The importance of this cycle in maintaining Biotin levels within the cell is evidenced by the fact that mutations in either Btd or HLCS/HCS results in a potentially lethal metabolism disorder. Autosomal recessive disorders of Biotin metabolism in humans result from Btd or HLCS/HCS activity disruption. Impairment of Biotin transport leads to MCD (Multiple Carboxylase Deficiency). A defect of Btd activity blocks Biotin release from food or food recycling after Carboxylase proteolysis. This results in a secondary Biotin deficiency, disrupting all Carboxylase activity (Ref.3). Btd deficiency include Alopecia, Organic Aciduria, Seizures, Skin rash, mild Hyperammonemia and breathing problems. Biochemical and clinical manifestations of HLCS/HCS disorder include Ketolactic Acidosis, Organic Aciduria, Hyperammonemia, Skin rash, Feeding problems, Hypotonia, Seizures, Alopecia and Coma. Biotin metabolism disorder also results in BGD (Basal Ganglia Disease). BGD is associated with destruction of caudate heads centrally and partial or complete loss of the putamen. Symptoms observed in these patients include Confusion, Lethargy progressing to Coma, Vomiting, Seizures, Dystonia, Dysarthia, Dysphagia, Quadriparesis, Ataxia, Hypertension, and Chorea (Ref.3 & 4).

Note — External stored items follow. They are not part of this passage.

-- ===== src/Web.antt =====
-- internal/web/web.go: the pages of the browser. The embedded files and the file server of net/http are
-- parameters; the scripts of the pages are not modelled.
use secretstash.Base.{List, [], ◌∷◌, Option, none, some, Bytes}
use secretstash.Base.Result.{Result, ok, err}
use secretstash.Base.Text.{ascii}
use secretstash.Api.Http.{Reply, Request}

-- The handlers that Handler registers.
pub data Page : Type 0 where
  page : Bytes → Page
  static : Page

-- The patterns of Handler.
abbrev pub pages : List (Bytes × Page)
pages =
    (ascii "GET /{$}", page (ascii "static/index.html"))
    ∷ (ascii "GET /s", page (ascii "static/unwrap.html"))
    ∷ (ascii "GET /unwrap", page (ascii "static/unwrap.html"))
    ∷ (ascii "GET /combine", page (ascii "static/combine.html"))
    ∷ (ascii "GET /static/", static)
    ∷ []

-- What the package takes from embed and net/http.
pub record Assets : Type 0 where
  -- assets.ReadFile
  pub read_file : Bytes → Option Bytes
  -- http.NotFound
  pub not_found : Request → Reply
  -- http.FileServerFS(assets)
  pub file_server : Request → Reply
  -- http.ServeMux on these patterns
  pub mux : List (Bytes × Page) → Bytes → Bytes → Result Reply Page

module _ (assets : Assets) where
  open assets use {read_file, not_found, file_server, mux}

  -- servePage
  unfoldable pub serve_page : Bytes → Request → Reply
  serve_page path req = elim (read_file path) [
    | none ↦ not_found req
    | some b ↦ record {
      status = 200;
      headers = (ascii "Content-Type", ascii "text/html; charset=utf-8") ∷ [];
      body = b;
    }
  ]

  unfoldable pub routed_page : Request → Result Reply Page → Reply
  unfolding serve_page
  routed_page req (err r) = r
  routed_page req (ok (page path)) = serve_page path req
  routed_page req (ok static) = file_server req

  -- Handler
  unfoldable pub handler : Request → Reply
  unfolding routed_page
  handler req = routed_page req (mux pages req.method req.path)
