-- ===== src/Server/Http.antt =====
-- The handlers of internal/server/server.go around the API: the parts of the site, the metrics, the
-- security headers and the recovery from panics of internal/api/middleware.go.
use secretstash.Base.{
  ℕ, List, [], ◌∷◌, ◌++◌, Option, none, some, Bytes, Bool, true, false, insert, bytes_dec,
  if◌then◌else◌,
}
use secretstash.Base.Result.{Result, ok, err}
use secretstash.Base.Text.{ascii, line}
use secretstash.Api.{Api}
use secretstash.Api.Exposition.{metrics_body}
use secretstash.Api.Http.{Request, Reply, Moment, Setup, serve}
use secretstash.Tls.{TlsConfig}
use secretstash.Server.{Running}
use secretstash.Web.{Assets, handler}

-- The parts of the site.
pub data Part : Type 0 where
  v1 metrics ui : Part

-- The patterns that Run registers.
unfoldable pub parts : {Cert : Type 0} → Running Cert → List (Bytes × Part)
parts r =
    (ascii "/v1/", v1)
    ∷ ((if r.serves_metrics then (ascii "GET /metrics", metrics) ∷ [] else [])
        ++ (if r.serves_ui then (47 ∷ [], ui) ∷ [] else []))

abbrev pub has_tls : {Cert : Type 0} → Option (TlsConfig Cert) → Bool
has_tls none = false
has_tls (some t) = true

-- SecurityHeaders
unfoldable pub security_headers : Bool → List (Bytes × Bytes)
security_headers hsts =
    (ascii "X-Content-Type-Options", ascii "nosniff")
    ∷ (ascii "Referrer-Policy", ascii "no-referrer")
    ∷ (ascii "Content-Security-Policy", ascii "default-src 'self'; frame-ancestors 'none'")
    ∷ (ascii "X-Frame-Options", ascii "DENY")
    ∷ (if hsts then (ascii "Strict-Transport-Security", ascii "max-age=31536000") ∷ [] else [])

-- What a handler did: a reply, or a panic before it wrote one, with the headers set by then.
pub data Handled : Type 0 where
  replied : Reply → Handled
  panicked : List (Bytes × Bytes) → Handled

-- http.Error in Recover.
unfoldable pub recovered : List (Bytes × Bytes) → Reply
recovered headers = record {
  status = 500;
  headers =
      insert bytes_dec (ascii "X-Content-Type-Options") (ascii "nosniff")
        (insert bytes_dec (ascii "Content-Type") (ascii "text/plain; charset=utf-8") headers);
  body = line (ascii "{\"code\":\"internal\",\"message\":\"internal server error\"}");
}

-- Recover around SecurityHeaders, whose headers are set before the handler runs.
unfoldable pub protect : Bool → Handled → Reply
unfolding security_headers recovered
protect hsts (replied r) = record r { headers = security_headers hsts ++ r.headers }
protect hsts (panicked headers) = recovered (security_headers hsts ++ headers)

-- HandleMetrics
unfoldable pub handle_metrics : (ℕ → Bytes) → Bytes → Moment → Api → Reply
unfolding metrics_body
handle_metrics print version m a = record {
  status = 200;
  headers =
      (ascii "Content-Type", ascii "text/plain; version=0.0.4; charset=utf-8")
      ∷ (ascii "Cache-Control", ascii "no-store")
      ∷ [];
  body = metrics_body print a m.now version;
}

-- What the site takes from outside: its mux, the files of the web pages, and the setup of the API.
pub record Site : Type 1 where
  pub setup : Setup
  pub print : ℕ → Bytes
  pub site_mux : List (Bytes × Part) → Bytes → Bytes → Result Reply Part
  pub assets : Assets

module _ (site : Site) where
  open site use {setup, print, site_mux, assets}
  open setup use {version}

  unfoldable pub handle_part : Moment → Request → Result Reply Part → Api → Api × Reply
  unfolding handle_metrics handler
  handle_part m req (err r) a = (a, r)
  handle_part m req (ok v1) a = serve setup m req a
  handle_part m req (ok metrics) a = (a, handle_metrics print version m a)
  handle_part m req (ok ui) a = (a, handler assets req)

-- The site with the header that Run trusts for the address of a client.
abbrev pub trusting : Site → Bytes → Site
trusting site header = record site { setup = record site.setup { real_ip_header = header } }

-- One request to a running server, where no handler panics.
unfoldable pub respond :
    {Cert : Type 0} → Site → Running Cert → Moment → Request → Running Cert × Reply
unfolding handle_part parts protect
respond site r m req =
    let (a, reply) =
      handle_part (trusting site r.real_ip_header) m req
        (site.site_mux (parts r) req.method req.path) r.state in
    (record r { state = a }, protect (has_tls r.tls) (replied reply))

Recent study reveals that Biotin may play a role in other cellular events in eukaryotic organisms such as transcriptional or translational regulation or enhancement of activity of different Hepatic enzymes. In these studies, Biotin appears to augment Glucokinase enzymatic activity and transcription of its gene. Thus it is proposed that Biotin has different roles in the cell from those of its function as Carboxylase cofactor. Although Biotin and its role in classical cell metabolism have been known for decades, it is only now that researchers have begun to understand the multiple functions that this Vitamin has and the versatility of the enzymes involved in its metabolism (Ref.2 & 4). It is necessary to determine the effect of Biotin during development and disease to understand the different roles of this Vitamin in the organism and to assess the real risk kof a low-Biotin diet during pregnancy. The new functional data on the activity of Btd as a Biotinyltransferase that modifies Histones and therefore potentially impact gene regulation in a more broad sense also require further study (Ref.4).